╭──
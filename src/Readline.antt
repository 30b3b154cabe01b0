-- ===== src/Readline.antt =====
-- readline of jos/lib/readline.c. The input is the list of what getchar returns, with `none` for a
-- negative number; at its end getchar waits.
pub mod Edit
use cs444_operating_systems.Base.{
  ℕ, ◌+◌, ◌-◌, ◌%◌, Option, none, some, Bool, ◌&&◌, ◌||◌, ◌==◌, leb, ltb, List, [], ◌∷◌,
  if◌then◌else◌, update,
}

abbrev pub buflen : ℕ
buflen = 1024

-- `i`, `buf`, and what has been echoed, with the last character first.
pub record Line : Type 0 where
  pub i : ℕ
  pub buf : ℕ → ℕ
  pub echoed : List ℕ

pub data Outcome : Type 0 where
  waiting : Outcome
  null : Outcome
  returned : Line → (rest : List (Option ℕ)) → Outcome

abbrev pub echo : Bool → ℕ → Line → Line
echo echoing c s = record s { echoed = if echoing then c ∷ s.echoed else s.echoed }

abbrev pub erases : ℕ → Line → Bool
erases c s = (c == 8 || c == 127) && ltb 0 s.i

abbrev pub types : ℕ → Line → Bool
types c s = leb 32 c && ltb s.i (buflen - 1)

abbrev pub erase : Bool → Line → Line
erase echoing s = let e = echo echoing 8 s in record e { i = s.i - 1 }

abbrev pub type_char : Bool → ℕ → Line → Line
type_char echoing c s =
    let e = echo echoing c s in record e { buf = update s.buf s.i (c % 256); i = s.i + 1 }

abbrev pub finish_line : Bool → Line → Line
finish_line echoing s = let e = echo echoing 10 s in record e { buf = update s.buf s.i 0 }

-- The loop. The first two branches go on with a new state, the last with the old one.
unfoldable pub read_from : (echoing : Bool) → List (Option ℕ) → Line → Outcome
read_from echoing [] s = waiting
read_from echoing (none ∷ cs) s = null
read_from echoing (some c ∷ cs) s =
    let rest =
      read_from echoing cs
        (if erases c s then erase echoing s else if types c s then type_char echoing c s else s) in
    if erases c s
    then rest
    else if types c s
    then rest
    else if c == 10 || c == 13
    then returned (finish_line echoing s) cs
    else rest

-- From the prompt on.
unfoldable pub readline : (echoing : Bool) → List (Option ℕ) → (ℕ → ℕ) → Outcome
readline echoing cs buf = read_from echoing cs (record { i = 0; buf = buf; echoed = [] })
╰──
WHAT YOU NEED TO DO:
Across the records, count the lines that contain the word "with" and give that figure alone.

ANSWER TO THE PROBLEM:
3